▼▼▼

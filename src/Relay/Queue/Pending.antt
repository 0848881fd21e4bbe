-- ===== src/Relay/Queue/Pending.antt =====
-- What the recipient of a queued envelope fetches, and what an acknowledgement removes.
use crypto_pigeon.Prelude.{
  ℕ, ◌≤◌, ◌≡◌, ap, ◌∙◌, Bool, true, false, not, ◌&&◌, some, List, [], ◌∷◌, ◌++◌, arith, Text, lower,
  length, contains, text_eq, text_eq_refl, any, select, delete, ◌==◌, ltb,
}
use crypto_pigeon.Prelude.Rows.Laws.{
  any-append, any-select, any-map, any-delete, any-ext, any-delete_other, any-delete_none,
}
use crypto_pigeon.Prelude.Rows.Sort.{any-sort_by}
use crypto_pigeon.Relay.Db.{Uuid, Message, Db}
use crypto_pigeon.Relay.Sockets.{Net}
use crypto_pigeon.Relay.Conversations.{permitted}
use crypto_pigeon.Relay.Queue.Ids.{uuid_to_hex-message_id}
use crypto_pigeon.Relay.Queue.{
  dash, SendBody, expiry_of, is_ephemeral, user_of, row_of, message_id, insert_message, deliver,
  send_between, send, Envelope, envelope_of, purge, waits_for, waiting, pending, acknowledged,
  acknowledge,
}
use crypto_pigeon.Relay.Queue.Delivery.{has_id}

-- A client fetches an envelope with a given property exactly if a row for this device, neither
-- delivered nor expired, has it.
pub any-pending :
    (now : ℕ) (device : Uuid) (db : Db) (p : Envelope → Bool)
    → any p (pending now device db).0
      ≡ any (λ m. waits_for device m && not (ltb m.expires_at now) && p (envelope_of m)) db.messages
unfolding pending purge waiting
any-pending now device db p =
    any-map p envelope_of (waiting device (purge now db.messages))
    ∙ any-sort_by _ (λ m. p (envelope_of m))
        (select (waits_for device) (delete (λ m. ltb m.expires_at now) db.messages))
    ∙ any-select (λ m. p (envelope_of m)) (waits_for device)
        (delete (λ m. ltb m.expires_at now) db.messages)
    ∙ any-delete (λ m. waits_for device m && p (envelope_of m)) (λ m. ltb m.expires_at now)
        db.messages
    ∙ any-ext (λ m. not (ltb m.expires_at now) && (waits_for device m && p (envelope_of m)))
        (λ m. waits_for device m && not (ltb m.expires_at now) && p (envelope_of m)) db.messages
        (λ m. ground arith)

-- The envelope that a client should see for what `sender` sent in `body`.
abbrev pub carries : Uuid → SendBody → Envelope → Bool
carries sender body e =
    text_eq e.envelope_id (lower body.envelope_id)
    && e.sender_id == sender
    && e.mailbox_id == body.mailbox_id
    && text_eq e.ciphertext body.ciphertext

row-pending :
    (now now' : ℕ) (sender : Uuid) (body : SendBody)
    → length body.envelope_id ≡ 32
    → contains dash body.envelope_id ≡ false
    → now' ≤ expiry_of now body
    → (waits_for body.mailbox_id (row_of now sender body)
        && not (ltb (row_of now sender body).expires_at now')
        && carries sender body (envelope_of (row_of now sender body)))
      ≡ true
unfolding waits_for row_of envelope_of
row-pending now now' sender body h k late = ground (
  arith,
  uuid_to_hex-message_id body.envelope_id h k,
  text_eq_refl (lower body.envelope_id),
  text_eq_refl body.ciphertext,
)

insert_fresh :
    (m : Message) (rows : List Message)
    → has_id m.id rows ≡ false
    → insert_message m rows ≡ rows ++ m ∷ []
unfolding insert_message
insert_fresh m rows h = rw h

row_of-fresh :
    (now : ℕ) (sender : Uuid) (body : SendBody) (rows : List Message)
    → has_id (message_id body.envelope_id) rows ≡ false
    → has_id (row_of now sender body).id rows ≡ false
unfolding row_of
row_of-fresh now sender body rows h = h

deliver-fresh :
    (now : ℕ) (sender : Uuid) (body : SendBody) (db : Db) (net : Net)
    → is_ephemeral body ≡ false
    → has_id (message_id body.envelope_id) db.messages ≡ false
    → (deliver now sender body (db, net)).1.messages ≡ db.messages ++ row_of now sender body ∷ []
unfolding deliver
deliver-fresh now sender body db net durable fresh = rw durable (
    insert_fresh (row_of now sender body) db.messages
      (row_of-fresh now sender body db.messages fresh))

deliver-pending :
    (now now' : ℕ) (sender : Uuid) (body : SendBody) (db : Db) (net : Net)
    → is_ephemeral body ≡ false
    → length body.envelope_id ≡ 32
    → contains dash body.envelope_id ≡ false
    → has_id (message_id body.envelope_id) db.messages ≡ false
    → now' ≤ expiry_of now body
    → any
        (carries sender body)
        (pending now' body.mailbox_id (deliver now sender body (db, net)).1).0
      ≡ true
deliver-pending now now' sender body db net durable h k fresh late =
    let row = row_of now sender body in
    let p = λ (m : Message).
      waits_for body.mailbox_id m
      && not (ltb m.expires_at now')
      && carries sender body (envelope_of m) in
    any-pending now' body.mailbox_id (deliver now sender body (db, net)).1 (carries sender body)
    ∙ ap (any p) (deliver-fresh now sender body db net durable fresh)
    ∙ any-append p db.messages (row ∷ [])
    ∙ ground (arith, row-pending now now' sender body h k late)

-- An envelope under a fresh 32-digit id, sent between permitted users with a lifetime of more than
-- ten seconds, is fetched by its recipient until it expires: with its id in lower case, its sender
-- and its ciphertext.
pub send-pending :
    (now now' : ℕ) (sender u1 u2 : Uuid) (body : SendBody) (db : Db) (net : Net)
    → user_of sender db.devices ≡ some u1
    → user_of body.mailbox_id db.devices ≡ some u2
    → permitted u1 u2 db.permissions ≡ true
    → is_ephemeral body ≡ false
    → length body.envelope_id ≡ 32
    → contains dash body.envelope_id ≡ false
    → has_id (message_id body.envelope_id) db.messages ≡ false
    → now' ≤ expiry_of now body
    → any (carries sender body) (pending now' body.mailbox_id (send now sender body (db, net)).1).0
      ≡ true
unfolding send send_between
send-pending now now' sender u1 u2 body db net e1 e2 ok durable h k fresh late =
    rw (e1, send_between)
      (rw (e2, send_between)
        (rw ok (deliver-pending now now' sender body db net durable h k fresh late)))

-- Acknowledging takes exactly the named envelopes of this device from the queue: none of them is
-- left, and a row of another device or under another id is found exactly as before.
pub acknowledge_lem :
    (ids : List Text) (device : Uuid) (db : Db)
    → (any (acknowledged ids device) (acknowledge ids device db).messages ≡ false)
      × ((p : Message → Bool)
          → any (λ m. not (acknowledged ids device m) && p m) (acknowledge ids device db).messages
            ≡ any (λ m. not (acknowledged ids device m) && p m) db.messages)
unfolding acknowledge
acknowledge_lem ids device db = (
  any-delete_none (acknowledged ids device) (acknowledged ids device) db.messages (λ m h. h),
  λ p.
      any-delete_other (λ m. not (acknowledged ids device m) && p m) (acknowledged ids device)
        db.messages (λ m h. ground arith),
)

▲▲▲

#### Work to be completed:
Every line that contains the string "what" should be copied from the entries.

#### Answer space:
-- What the recipient of a queued envelope fetches, and what an acknowledgement removes.
-- The envelope that a client should see for what `sender` sent in `body`.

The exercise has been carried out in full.